# Cherry Grove June 10th-17th



## hokieboy (Jan 19, 2006)

Hey Folks,

Ill be fishin the private pier on the north end of cherry grove during this time period. Will be focusing on flounder, black drum, pompano and such during the trip but may run a pin rig out a couple days just depends on the conditions. I will try to post reports daily depending if i have internet or not. If anyone else is gonna be down during this time let me know! Also does anyone know if they are catching mullet and shrimp right now back off of 53rd ave.

Thanks,

Riley.


----------



## pogeymoe (May 5, 2009)

hokie boy we will be there when you are.my girl and i will drive to oakisland each day to pin rig and fish for trout flounder and maybe even sheepshead.welcome to join us if you want.shrimp im told are small but available.we will be at my folks in n.myrtle.we may hit 53rd area to try to get shrimp and fiddler crabs for the sheepshead.welcome to ride with us.we have a cart that holds atleast 10 rods and i know where to get shrimp on oakisland.THE TROUT BITE IS ON UP THERE!!


----------



## pogeymoe (May 5, 2009)

Let me clear that up!we will be staying in n.myrtle and driving to oakisland to fish.3 days atleast.


----------



## pogeymoe (May 5, 2009)

are you talking about the pier we called the point pier years back?I grew up fishing all around there.


----------



## usa4cheer (May 5, 2006)

*I'll be down on 14th*

Hey hokie, fellow hokie here, 86-96, i used to coach there too thats why 10 years. anyway I usually fish off 53rd. I have always wanted to try that private pier, it is in a great location on low tide pull out off hog inlet. if you want to catch up let me know, you can text me 804 389 4074. I have caught some decent flounder and blue off 53. It's a great little area. Hope to see ya down there. 
tim


----------



## mahislayer050 (Apr 6, 2009)

how far is oak island from cherry grove? im down here now staying right at 53rd... anybody done any good the past few days?


----------



## hokieboy (Jan 19, 2006)

I plan on tryin to throw a net off of 53rd to catch some bait. The pier is great for inshore fish but kings and such are few and far between. I have really good luck off of it for flounder and black drum. Pogey Moe i might be runnin up there one day to pin rig dont really know yet depends on whats bitin in cherry grove.


----------



## hokieboy (Jan 19, 2006)

It will prob take you 30-45 min to get up there. Check the ocean crest pier website or call them that is the pier to fish there.


----------



## hokieboy (Jan 19, 2006)

I see you are from high point that is where i am from!! Hows the fishing down in cherry grove right now?


----------



## Too Busy (Sep 7, 2007)

Hokieboy
Shrimp will be pretty small this time of year, the FM should be decent 3-4 inch with some larger schools cruising.

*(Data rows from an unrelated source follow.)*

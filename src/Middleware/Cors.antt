-- ===== src/Middleware/Cors.antt =====
-- CORS of src/middleware.go.
use bincrypt.Prelude.{
  Bool, true, false, ◌||◌, List, [], ◌∷◌, Option, none, some, Bytes, bytes_eq, codes, if◌then◌else◌,
  is_empty,
}
use bincrypt.Text.{trim_space, split}

-- What is written before the request is passed on: whether the two fixed headers are set, the value
-- of Access-Control-Allow-Origin, and whether the request is answered here with status 200.
pub record CorsReply : Type 0 where
  pub has_headers : Bool
  pub allow_origin : Option Bytes
  pub is_answered : Bool

-- The loop over CORS_ALLOWED_ORIGINS.
unfoldable pub match_origin : Bytes → List Bytes → Option Bytes
match_origin origin [] = none
match_origin origin (allowed ∷ origins) =
    if bytes_eq origin (trim_space allowed) || bytes_eq (trim_space allowed) (codes "*")
    then some origin
    else match_origin origin origins

-- The secret CORS_ALLOWED_ORIGINS, the header Origin, and the method.
unfoldable pub cors : Bytes → Bytes → Bytes → CorsReply
unfolding match_origin
cors allowed_origins origin method =
    if is_empty allowed_origins
    then record { has_headers = false; allow_origin = none; is_answered = false }
    else record {
      has_headers = true;
      allow_origin = match_origin origin (split b',' allowed_origins);
      is_answered = bytes_eq method (codes "OPTIONS");
    }
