-- ===== src/RateLimit/Rounding.antt =====
-- What rounding in float64 does to the tokens that src/services/ratelimit.go adds.
use native.Mathlib.Nat.{mul-le-mul_right, le_of_mul-le-mul_right}
use bincrypt.Prelude.{ℕ, ◌+◌, ◌-◌, ◌*◌, ◌≤◌, ◌<◌, arith}
use bincrypt.Storage.{second}
use bincrypt.RateLimit.{Floats, tokens_to_add}

-- Each operation is taken to have a relative error of at most 1 / precision.
abbrev pub precision : ℕ
precision = 1125899906842624

-- The operations round as IEEE 754 and the Go documentation say, at the operands at which they are
-- used for one limit and window and for elapsed times up to `span`: results are finite, and none is
-- above the exact one, or below it for the window, by more than the relative error.
pub record IsRounded (f : Floats) (limit window span : ℕ) : Type 0 where
  pub limit_finite : 0 < f.den (f.of_nat limit)
  pub limit_above :
      f.num (f.of_nat limit) * precision ≤ limit * (precision + 1) * f.den (f.of_nat limit)
  pub window_finite : 0 < f.den (f.seconds window)
  pub window_below :
      window * (precision - 1) * f.den (f.seconds window)
      ≤ second * precision * f.num (f.seconds window)
  pub rate_finite : 0 < f.den (f.div (f.of_nat limit) (f.seconds window))
  pub rate_above :
      f.num (f.div (f.of_nat limit) (f.seconds window))
        * (f.num (f.seconds window) * f.den (f.of_nat limit) * precision)
      ≤ f.num (f.of_nat limit)
        * (precision + 1)
        * f.den (f.seconds window)
        * f.den (f.div (f.of_nat limit) (f.seconds window))
  pub elapsed_finite : (e : ℕ) → e ≤ span → 0 < f.den (f.seconds e)
  pub elapsed_above :
      (e : ℕ)
      → e ≤ span
      → f.num (f.seconds e) * (second * precision) ≤ e * (precision + 1) * f.den (f.seconds e)
  pub product_finite :
      (e : ℕ)
      → e ≤ span
      → 0 < f.den (f.mul (f.seconds e) (f.div (f.of_nat limit) (f.seconds window)))
  pub product_above :
      (e : ℕ)
      → e ≤ span
      → let rate = f.div (f.of_nat limit) (f.seconds window) in
        f.num (f.mul (f.seconds e) rate) * (f.den (f.seconds e) * f.den rate * precision)
        ≤ f.num (f.seconds e) * f.num rate * (precision + 1) * f.den (f.mul (f.seconds e) rate)
  pub truncated :
      (e : ℕ)
      → e ≤ span
      → let product = f.mul (f.seconds e) (f.div (f.of_nat limit) (f.seconds window)) in
        f.truncate product * f.den product ≤ f.num product

-- A bound on a / b by n / d, and a bound on n / d.
le-through : (a b n d r s : ℕ) → 0 < d → a * d ≤ b * n → n * r ≤ s * d → a * r ≤ b * s
le-through a b n d r s pos h k =
    let first : a * d * r ≤ b * n * r = mul-le-mul_right r h in
    let then_ : n * r * b ≤ s * d * b = mul-le-mul_right b k in
    let both : a * r * d ≤ b * s * d = omega (arith, first, then_) in
    le_of_mul-le-mul_right {k = d} both pos

-- The five roundings, one after the other: `a` of the limit, `w` of the window, `r` of the rate, `s`
-- of the elapsed time and `m` of the product, for p the precision, q = p + 1, and t the tokens.
roundings :
    (t e l win p q low c an ad wn wd rn rd sn sd mn md : ℕ)
    → 0 < ad
    → 0 < wd
    → 0 < rd
    → 0 < sd
    → 0 < md
    → t * md ≤ mn
    → mn * (sd * rd * p) ≤ sn * rn * q * md
    → sn * (c * p) ≤ e * q * sd
    → rn * (wn * ad * p) ≤ an * q * wd * rd
    → an * p ≤ l * q * ad
    → win * low * wd ≤ c * p * wn
    → t * (p * p * p) * (win * low) ≤ e * (q * q * q * q) * l
roundings t e l win p q low c an ad wn wd rn rd sn sd mn md had hwd hrd hsd hmd ht hm hs hr ha hw =
    let one : t * (sd * rd * p) ≤ 1 * (sn * rn * q) =
      le-through t 1 mn md (sd * rd * p) (sn * rn * q) hmd (omega (arith, ht)) hm in
    let two : t * rd * p * (c * p) ≤ rn * q * (e * q) =
      le-through (t * rd * p) (rn * q) sn sd (c * p) (e * q) hsd (omega (arith, one)) hs in
    let three : t * p * c * p * (wn * ad * p) ≤ q * e * q * (an * q * wd) =
      le-through (t * p * c * p) (q * e * q) rn rd (wn * ad * p) (an * q * wd) hrd
        (omega (arith, two)) hr in
    let four : t * p * c * p * wn * p * p ≤ q * e * q * q * wd * (l * q) =
      le-through (t * p * c * p * wn * p) (q * e * q * q * wd) an ad p (l * q) had
        (omega (arith, three)) ha in
    let five : win * low * wd * (t * p * p * p) ≤ c * p * wn * (t * p * p * p) =
      mul-le-mul_right (t * p * p * p) hw in
    le_of_mul-le-mul_right {k = wd} (omega (arith, four, five)) hwd

-- The relative error of the sum of all roundings is at most 1 / accuracy.
abbrev pub accuracy : ℕ
accuracy = 140737488355328

within-accuracy :
    (t e l win a b k : ℕ)
    → 0 < a
    → t * win * a ≤ e * l * b
    → b * k ≤ a * (k + 1)
    → t * (win * k) ≤ e * (l * (k + 1))
within-accuracy t e l win a b k pos h c =
    let scaled : t * win * a * k ≤ e * l * b * k = mul-le-mul_right k h in
    let closer : b * k * (e * l) ≤ a * (k + 1) * (e * l) = mul-le-mul_right (e * l) c in
    le_of_mul-le-mul_right {k = a} (omega (arith, scaled, closer)) pos

-- The tokens that are added exceed the exact rate by no more than that.
pub tokens_to_add-le :
    (f : Floats) (limit window span e : ℕ)
    → IsRounded f limit window span
    → e ≤ span
    → tokens_to_add f e limit window * (window * accuracy) ≤ e * (limit * (accuracy + 1))
unfolding tokens_to_add
tokens_to_add-le f limit window span e h k =
    let p = precision in
    let low = precision - 1 in
    let q = precision + 1 in
    let rate = f.div (f.of_nat limit) (f.seconds window) in
    let product = f.mul (f.seconds e) rate in
    let t = f.truncate product in
    let exact : t * (p * p * p) * (window * low) ≤ e * (q * q * q * q) * limit =
      roundings t e limit window p q low second (f.num (f.of_nat limit)) (f.den (f.of_nat limit))
        (f.num (f.seconds window)) (f.den (f.seconds window)) (f.num rate) (f.den rate)
        (f.num (f.seconds e)) (f.den (f.seconds e)) (f.num product) (f.den product) h.limit_finite
        h.window_finite h.rate_finite (h.elapsed_finite e k) (h.product_finite e k)
        (h.truncated e k) (h.product_above e k) (h.elapsed_above e k) h.rate_above h.limit_above
        h.window_below in
    within-accuracy t e limit window (p * p * p * low) (q * q * q * q) accuracy (omega arith)
      (omega (arith, exact)) (omega arith)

FM carolina rigged around the base of pilings can slay the flounder

I'd want to put a big chuck of cut bait as far as I could throw it toward Hog Inlet. Chances of hooking into a nice drum are pretty good.

I'm from High Point, NC too. Graduated from Ragsdale in '81


----------



## hokieboy (Jan 19, 2006)

You think the big red drum are still in the inlet? I am a SW Guilford grad of 05. I have caught nice pups from the pier but never any big drum.


----------



## mahislayer050 (Apr 6, 2009)

yeh from high peezy live right near sw actually ... havent gone yet getting ready to go this afternoon and will report afterwards


----------



## Too Busy (Sep 7, 2007)

hokieboy said:


> You think the big red drum are still in the inlet? I am a SW Guilford grad of 05. I have caught nice pups from the pier but never any big drum.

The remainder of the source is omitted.